WHAT TO WORK ON
Take the lines below from the first through the one that contains "check_planes (suc rounds)" and copy them exactly.

Saved data entries
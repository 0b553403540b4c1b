-- ===== src/Logic/Format.antt =====
-- The format rules of src/vcam_logic.c.
pub mod Laws
use vcam_kmod.Base.{
  ℕ, zero, suc, ◌+◌, ◌*◌, ◌/◌, ◌^◌, Bool, true, false, ◌||◌, bit_and, ltb, ◌==◌, if◌then◌else◌,
  get_or,
}
use vcam_kmod.Uapi.{Format, Plane, max_planes}
use vcam_kmod.Kernel.{Result, ok, err, einval}

-- YV12, and a vendor format.
abbrev pub yv12 : ℕ
yv12 = 0x32315659

abbrev pub vendor_420 : ℕ
vendor_420 = 0x7fa30c06

unfoldable pub format_reportable : ℕ → Bool
format_reportable fourcc =
    if fourcc == yv12 || fourcc == vendor_420
    then false
    else if ltb 0x23 fourcc
    then true
    else bit_and (1 * 2 ^ fourcc) 0xE00020000 == 0

abbrev pub blank_plane : Plane
blank_plane = record { offset = 0; stride = 0 }

-- The width that the stride of plane `i` has to cover.
abbrev pub need_w : Format → ℕ → ℕ
need_w fmt i = if i == 0 then fmt.width else fmt.width / 2

-- The loop over the planes, from plane `i` with `rounds` planes left.
unfoldable pub check_planes : (rounds : ℕ) (i : ℕ) → Format → Result (Unit {0})
check_planes zero i fmt = ok tt
check_planes (suc rounds) i fmt =
    let rest = check_planes rounds (i + 1) fmt in
    if need_w fmt i == 0
    then err einval
    else if ltb (get_or fmt.plane i blank_plane).stride (need_w fmt i)
    then err einval
    else rest

unfoldable pub format_validate : Format → Result (Unit {0})
unfolding check_planes
format_validate fmt =
    if fmt.width == 0 || fmt.height == 0
    then err einval
    else if ltb 32768 fmt.width || ltb 32768 fmt.height
    then err einval
    else if fmt.num_planes == 0 || ltb max_planes fmt.num_planes
    then err einval
    else check_planes fmt.num_planes 0 fmt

RESULT FOR THIS TASK
repository 0b553403540b4c1b
-- ===== src/Logic/Format.antt =====
-- The format rules of src/vcam_logic.c.
pub mod Laws
use vcam_kmod.Base.{
  ℕ, zero, suc, ◌+◌, ◌*◌, ◌/◌, ◌^◌, Bool, true, false, ◌||◌, bit_and, ltb, ◌==◌, if◌then◌else◌,
  get_or,
}
use vcam_kmod.Uapi.{Format, Plane, max_planes}
use vcam_kmod.Kernel.{Result, ok, err, einval}

-- YV12, and a vendor format.
abbrev pub yv12 : ℕ
yv12 = 0x32315659

abbrev pub vendor_420 : ℕ
vendor_420 = 0x7fa30c06

unfoldable pub format_reportable : ℕ → Bool
format_reportable fourcc =
    if fourcc == yv12 || fourcc == vendor_420
    then false
    else if ltb 0x23 fourcc
    then true
    else bit_and (1 * 2 ^ fourcc) 0xE00020000 == 0

abbrev pub blank_plane : Plane
blank_plane = record { offset = 0; stride = 0 }

-- The width that the stride of plane `i` has to cover.
abbrev pub need_w : Format → ℕ → ℕ
need_w fmt i = if i == 0 then fmt.width else fmt.width / 2

-- The loop over the planes, from plane `i` with `rounds` planes left.
unfoldable pub check_planes : (rounds : ℕ) (i : ℕ) → Format → Result (Unit {0})
check_planes zero i fmt = ok tt
check_planes (suc rounds) i fmt =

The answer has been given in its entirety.